Goal of the exercise -
Beneath this line are the data; copy exactly the part of them that opens with the line containing "if is_super then" and closes with the line containing "unfoldable pub unary_operator_result", and only that part.

Available data START

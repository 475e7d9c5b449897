-- ===== src/Types/Literals.antt =====
-- The integer type of a literal: `RationalNumberType::integerType` in libsolidity/ast/Types.cpp.
use native.Mathlib.Nat.{pow-suc}
use jules_solidity_pppascal.Common.{
  true, false, none, some, zero, suc, ℕ, ◌<◌, ◌^◌, max, Option, Bool, ◌*◌, ◌≡◌, ◌≤◌, arith, ap,
  refl, if◌then◌else◌, ◌↔◌, ◌-◌, leb, ◌∙◌, subst, leb→le, sym,
}
use jules_solidity_pppascal.Common.Int.{is_negative, negsuc, pos, ℤ}
use jules_solidity_pppascal.Common.Masks.{pow-pos}
use jules_solidity_pppascal.CommonData.Endian.{bytes_required}
use jules_solidity_pppascal.CommonData.Endian.Laws.{bytes_required_le}
use jules_solidity_pppascal.Types.{
  is_fractional, rational_type, integer_type_of, min_value, is_well_formed, negated, max_value,
  integer_type, fits_integer_type, le_int, magnitude,
}
use jules_solidity_pppascal.Types.Conversions.{rational_implicit, is_implicitly_convertible_to}
use jules_solidity_pppascal.Types.Conversions.Ranges.{pow_mono}

bytes-bits : (k : ℕ) → 256 ^ k ≡ 2 ^ (8 * k)
bytes-bits zero = refl
bytes-bits (suc k) =
    let e : ℕ = 8 * k in
    let eight : 8 * suc k ≡ suc (suc (suc (suc (suc (suc (suc (suc e))))))) = omega arith in
    omega (
      arith,
      bytes-bits k,
      pow-suc 256 k,
      ap (λ t. 2 ^ t) eight,
      pow-suc 2 e,
      pow-suc 2 (suc e),
      pow-suc 2 (suc (suc e)),
      pow-suc 2 (suc (suc (suc e))),
      pow-suc 2 (suc (suc (suc (suc e)))),
      pow-suc 2 (suc (suc (suc (suc (suc e))))),
      pow-suc 2 (suc (suc (suc (suc (suc (suc e)))))),
      pow-suc 2 (suc (suc (suc (suc (suc (suc (suc e))))))),
    )

-- The fewest bytes, at least one, that hold a number.
fewest : ℕ → ℕ
fewest v = max (bytes_required v) 1

fewest-fits : (v : ℕ) → v < 2 ^ (8 * fewest v)
unfolding fewest
fewest-fits v =
    omega (arith, (bytes_required_le v (fewest v)).0 (omega arith), bytes-bits (fewest v))

fewest-le : (v k : ℕ) → 0 < k → v < 2 ^ (8 * k) → fewest v ≤ k
unfolding fewest
fewest-le v k positive h = omega (arith, (bytes_required_le v k).1 (omega (arith, h, bytes-bits k)))

fewest-positive : (v : ℕ) → 1 ≤ fewest v
unfolding fewest
fewest-positive v = omega arith

fewest_iff : (v k : ℕ) → 0 < k → (v < 2 ^ (8 * k)) ↔ (fewest v ≤ k)
fewest_iff v k positive = (
  fewest-le v k positive,
  λ h. omega (arith, fewest-fits v, pow_mono (8 * fewest v) (8 * k) (omega (arith, h))),
)

fits-pos : (m k : ℕ) → (fits_integer_type (pos m) (8 * k) false ≡ true) ↔ (m < 2 ^ (8 * k))
unfolding fits_integer_type le_int min_value max_value
fits-pos m k = ground (arith, pow-pos (8 * k))

fits-negsuc :
    (m k : ℕ) → 0 < k → (fits_integer_type (negsuc m) (8 * k) true ≡ true) ↔ (m * 2 < 2 ^ (8 * k))
unfolding fits_integer_type le_int min_value max_value negated
fits-negsuc m k positive =
    let width : 8 * k ≡ suc (8 * k - 1) = omega (arith, positive) in
    let double : 2 ^ (8 * k) ≡ 2 ^ (8 * k - 1) * 2 =
      ap (λ t. 2 ^ t) width ∙ pow-suc 2 (8 * k - 1) in
    ground (arith, double, pow-pos (8 * k - 1))

chosen : (b : Bool) (t u : ℕ × Bool) → (if b then some t else none) ≡ some u → (b ≡ true) × (t ≡ u)
chosen true t u h = (refl, cc)
chosen false t u h = cc

-- For a literal whose value, or what stands for it if it is negative, is v.
chosen_facts :
    (v k : ℕ) (negative : Bool) (fits : Bool)
    → v ≤ 2 ^ 256 - 1
    → 0 < k
    → ((fits ≡ true) ↔ (v < 2 ^ (8 * k)))
    → (is_well_formed (integer_type (fewest v * 8) negative) ≡ true)
      × ((fits ≡ true) ↔ (fewest v * 8 ≤ 8 * k))
unfolding is_well_formed
chosen_facts v k negative fits small positive equal =
    let most : fewest v ≤ 32 = fewest-le v 32 (omega arith) (omega (arith, small)) in
    let least : 1 ≤ fewest v = fewest-positive v in
    let both = fewest_iff v k positive in
    (
      ground (arith, most, least),
      (λ x. omega (arith, both.0 (equal.0 x)), λ y. equal.1 (both.1 (omega (arith, y)))),
    )

-- The type chosen for an integer literal: its sign is that of the literal, it is well formed, and of
-- the types of whole bytes with that sign the literal converts to exactly those that have at least as
-- many bits.
pub integer_type_of-smallest :
    (n : ℤ) (c : Option ℕ) (bits k : ℕ) (s : Bool)
    → integer_type_of n ≡ some (bits, s)
    → 0 < k
    → (s ≡ is_negative n)
      × (is_well_formed (integer_type bits s) ≡ true)
      × ((is_implicitly_convertible_to (rational_type n 1 c) (integer_type (8 * k) s) ≡ true)
          ↔ (bits ≤ 8 * k))
unfolding integer_type_of magnitude fewest is_implicitly_convertible_to rational_implicit
    is_fractional
integer_type_of-smallest (pos m) c bits k s h positive =
    let (small, same) = chosen (leb m (2 ^ 256 - 1)) (fewest m * 8, false) (bits, s) h in
    subst
      (λ (u : ℕ × Bool).
        (u.1 ≡ false)
        × (is_well_formed (integer_type u.0 u.1) ≡ true)
        × ((is_implicitly_convertible_to (rational_type (pos m) 1 c) (integer_type (8 * k) u.1)
              ≡ true)
            ↔ (u.0 ≤ 8 * k)))
      same
      (let facts = chosen_facts m k false _ (leb→le _ _ small) positive (fits-pos m k) in
        (refl, facts.0, facts.1))
integer_type_of-smallest (negsuc m) c bits k s h positive =
    let doubled : (suc m - 1) * 2 ≡ m * 2 = omega arith in
    let choose : ℕ → Option (ℕ × Bool) =
      λ v. if leb v (2 ^ 256 - 1) then some (fewest v * 8, true) else none in
    let h' : choose (m * 2) ≡ some (bits, s) = ap choose (sym doubled) ∙ h in
    let (small, same) =
      chosen (leb (m * 2) (2 ^ 256 - 1)) (fewest (m * 2) * 8, true) (bits, s) h' in
    subst
      (λ (u : ℕ × Bool).
        (u.1 ≡ true)
        × (is_well_formed (integer_type u.0 u.1) ≡ true)
        × ((is_implicitly_convertible_to (rational_type (negsuc m) 1 c) (integer_type (8 * k) u.1)
              ≡ true)
            ↔ (u.0 ≤ 8 * k)))
      same
      (let facts =
          chosen_facts (m * 2) k true _ (leb→le _ _ small) positive (fits-negsuc m k positive) in
        (refl, facts.0, facts.1))
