-- ===== src/Types/Operators.antt =====
-- The types of operators' results: unaryOperatorResult and binaryOperatorResult in
-- libsolidity/ast/Types.cpp. The calculation with literals, ConstantEvaluator, is not in the
-- repository: it is an argument, by its result as numerator and denominator.
pub mod Converting
use jules_solidity_pppascal.Common.{if◌then◌else◌, ◌==◌, ◌||◌, false, ◌&&◌, leb, ◌^◌, max}
use jules_solidity_pppascal.Common.Int.{is_negative, ℤ}
use jules_solidity_pppascal.Token.{is_boolean_op, is_bit_op, is_compare_op, is_shift_op}
use jules_solidity_pppascal.Token.Kind.{
  Token, tok_dec, tok_and, tok_shr, tok_not_equal, tok_add, tok_delete, tok_exp, tok_equal, tok_inc,
  tok_sub, tok_not, tok_or, tok_bit_not,
}
use jules_solidity_pppascal.Types.{
  address_type, vite_token_id_type, mobile_type, rational_type, fixed_point_type, magnitude,
  bool_type, ElementaryType, is_fractional, contract_type, integer_type, fixed_bytes_type,
  enum_type, integer_type_of, Bool, Option, not, true, none, ℕ, if◌then◌else◌, some,
}
use jules_solidity_pppascal.Types.Conversions.{common_type}

-- A type, or that of nothing: the empty tuple.
pub data UnaryResult : Type 0 where
  empty_tuple : UnaryResult
  same_type : ElementaryType → UnaryResult

delete_only : Token → Option UnaryResult
delete_only op = if op == tok_delete then some empty_tuple else none

integer_unary : Token → Bool → ElementaryType → Option UnaryResult
integer_unary op s self =
    if op == tok_delete
    then some empty_tuple
    else if op == tok_sub
    then (if s then some (same_type self) else none)
    else if op == tok_inc || op == tok_dec || op == tok_bit_not
    then some (same_type self)
    else none

fixed_unary : Token → ElementaryType → Option UnaryResult
fixed_unary op self =
    if op == tok_delete
    then some empty_tuple
    else if op == tok_add || op == tok_sub || op == tok_inc || op == tok_dec
    then some (same_type self)
    else none

bytes_unary : Token → ElementaryType → Option UnaryResult
bytes_unary op self =
    if op == tok_delete
    then some empty_tuple
    else if op == tok_bit_not
    then some (same_type self)
    else none

bool_unary : Token → Option UnaryResult
bool_unary op =
    if op == tok_delete
    then some empty_tuple
    else if op == tok_not
    then some (same_type bool_type)
    else none

rational_unary : Option (ℤ × ℕ) → Option UnaryResult
rational_unary none = none
rational_unary (some (n, d)) = some (same_type (rational_type n d none))

contract_unary : Token → Bool → Option UnaryResult
contract_unary op is_super =
    if is_super then none else if op == tok_delete then some empty_tuple else none

-- The virtual method: token ids take that of Type.
unfoldable pub unary_operator_result :
    (Token → ℤ × ℕ → Option (ℤ × ℕ)) → Token → ElementaryType → Option UnaryResult
unfolding delete_only integer_unary fixed_unary bytes_unary bool_unary rational_unary contract_unary
unary_operator_result evaluate op (address_type p) = delete_only op
unary_operator_result evaluate op vite_token_id_type = none
unary_operator_result evaluate op (integer_type bits s) = integer_unary op s (integer_type bits s)
unary_operator_result evaluate op (rational_type n d c) = rational_unary (evaluate op (n, d))
unary_operator_result evaluate op (fixed_point_type bits digits s) =
    fixed_unary op (fixed_point_type bits digits s)
unary_operator_result evaluate op (fixed_bytes_type bytes) = bytes_unary op (fixed_bytes_type bytes)
unary_operator_result evaluate op bool_type = bool_unary op
unary_operator_result evaluate op (contract_type id p is_super bases) = contract_unary op is_super
unary_operator_result evaluate op (enum_type id members) = delete_only op

is_unsigned_integer : ℤ → ℕ → Bool
is_unsigned_integer n d =
    not (is_fractional d) && (elim (integer_type_of n) [ none ↦ false | some (_, s) ↦ not s ])

unfoldable pub is_valid_shift : Token → ElementaryType → Bool
unfolding is_unsigned_integer
is_valid_shift op (integer_type _ s) = not (op == tok_shr) && not s
is_valid_shift op (rational_type n d _) = not (op == tok_shr) && is_unsigned_integer n d
is_valid_shift op _ = false

-- What stands behind `**` an integer.
unfoldable pub is_valid_exponent : ElementaryType → Bool
is_valid_exponent (integer_type _ s) = not s
is_valid_exponent (fixed_point_type _ _ _) = false
is_valid_exponent (rational_type n d _) =
    not (is_fractional d)
    && (elim (integer_type_of n) [ none ↦ false | some _ ↦ true ])
    && not (is_negative n)
is_valid_exponent _ = true

unfoldable pub is_number : ElementaryType → Bool
is_number (rational_type _ _ _) = true
is_number (fixed_point_type _ _ _) = true
is_number (integer_type _ _) = true
is_number _ = false

unfoldable pub integer_binary : Token → ElementaryType → ElementaryType → Option ElementaryType
unfolding is_number is_valid_shift is_valid_exponent common_type is_shift_op is_compare_op
    is_boolean_op
integer_binary op self other =
    let common = common_type self other in
    if not (is_number other)
    then none
    else if is_shift_op op
    then (if is_valid_shift op other then some self else none)
    else if op == tok_exp
    then (if is_valid_exponent other then some self else none)
    else if is_compare_op op
    then common
    else if is_boolean_op op
    then none
    else common

unfoldable pub fixed_binary : Token → ElementaryType → ElementaryType → Option ElementaryType
unfolding common_type is_compare_op is_boolean_op is_bit_op
fixed_binary op self other =
    let common = common_type self other in
    if is_compare_op op
    then common
    else if is_bit_op op || is_boolean_op op || op == tok_exp
    then none
    else common

unfoldable pub as_fixed_bytes : Option ElementaryType → Option ElementaryType
as_fixed_bytes (some (fixed_bytes_type bytes)) = some (fixed_bytes_type bytes)
as_fixed_bytes _ = none

unfoldable pub bytes_binary : Token → ElementaryType → ElementaryType → Option ElementaryType
unfolding common_type is_shift_op is_valid_shift as_fixed_bytes is_compare_op is_bit_op
bytes_binary op self other =
    let common = as_fixed_bytes (common_type self other) in
    if is_shift_op op
    then (if is_valid_shift op other then some self else none)
    else if is_compare_op op || is_bit_op op
    then common
    else none

unfoldable pub bool_binary : Token → ElementaryType → Option ElementaryType
bool_binary op bool_type =
    if op == tok_equal || op == tok_not_equal || op == tok_and || op == tok_or
    then some bool_type
    else none
bool_binary op _ = none

-- AddressType::binaryOperatorResult, and the virtual method of Type.
unfoldable pub compare_binary : Token → ElementaryType → ElementaryType → Option ElementaryType
unfolding common_type is_compare_op
compare_binary op self other = if is_compare_op op then common_type self other else none

-- The virtual method for all but literals.
unfoldable pub operator_of : Token → ElementaryType → ElementaryType → Option ElementaryType
unfolding integer_binary fixed_binary bytes_binary bool_binary compare_binary
operator_of op (rational_type n d c) b = none
operator_of op (integer_type bits s) b = integer_binary op (integer_type bits s) b
operator_of op (fixed_point_type bits digits s) b =
    fixed_binary op (fixed_point_type bits digits s) b
operator_of op (fixed_bytes_type bytes) b = bytes_binary op (fixed_bytes_type bytes) b
operator_of op bool_type b = bool_binary op b
operator_of op a b = compare_binary op a b

operator_of_mobile : Token → Option ElementaryType → Option ElementaryType → Option ElementaryType
unfolding operator_of
operator_of_mobile op (some a) (some b) = operator_of op a b
operator_of_mobile op _ _ = none

-- A literal before an integer or a fixed point number.
literal_number : Token → ElementaryType → ElementaryType → Option ElementaryType
unfolding is_fractional integer_type_of is_shift_op is_valid_shift is_valid_exponent common_type
    operator_of_mobile
literal_number op (rational_type n d c) other =
    let large : ElementaryType = integer_type 256 (is_negative n) in
    if is_fractional d then none else (elim (integer_type_of n) [
      | none ↦ none
      | some _ ↦
          (if is_shift_op op
            then (if is_valid_shift op other then some large else none)
            else if op == tok_exp
            then (if is_valid_exponent other then some large else none)
            else operator_of_mobile op (common_type (rational_type n d c) other) (some other))
    ])
literal_number op self other = none

-- Numerator and denominator of a calculated literal have no more than 4097 bits.
limited : Option (ℤ × ℕ) → Option ElementaryType
unfolding magnitude
limited none = none
limited (some (n, d)) =
    if not (magnitude n == 0) && leb (2 ^ 4097) (max (magnitude n) d)
    then none
    else some (rational_type n d none)

rational_binary :
    (Token → ℤ × ℕ → ℤ × ℕ → Option (ℤ × ℕ))
    → Token
    → ElementaryType
    → ℤ × ℕ
    → ElementaryType
    → Option ElementaryType
unfolding literal_number mobile_type operator_of_mobile limited is_compare_op
rational_binary evaluate op self value (integer_type bits s) =
    literal_number op self (integer_type bits s)
rational_binary evaluate op self value (fixed_point_type bits digits s) =
    literal_number op self (fixed_point_type bits digits s)
rational_binary evaluate op self value (rational_type n d c) =
    if is_compare_op op
    then operator_of_mobile op (mobile_type self) (mobile_type (rational_type n d c))
    else limited (evaluate op value (n, d))
rational_binary evaluate op self value _ = none

unfoldable pub binary_operator_result :
    (Token → ℤ × ℕ → ℤ × ℕ → Option (ℤ × ℕ))
    → Token
    → ElementaryType
    → ElementaryType
    → Option ElementaryType
unfolding rational_binary operator_of
binary_operator_result evaluate op (rational_type n d c) b =
    rational_binary evaluate op (rational_type n d c) (n, d) b
binary_operator_result evaluate op a b = operator_of op a b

Available data END

Output -
    if is_super then none else if op == tok_delete then some empty_tuple else none

-- The virtual method: token ids take that of Type.
unfoldable pub unary_operator_result :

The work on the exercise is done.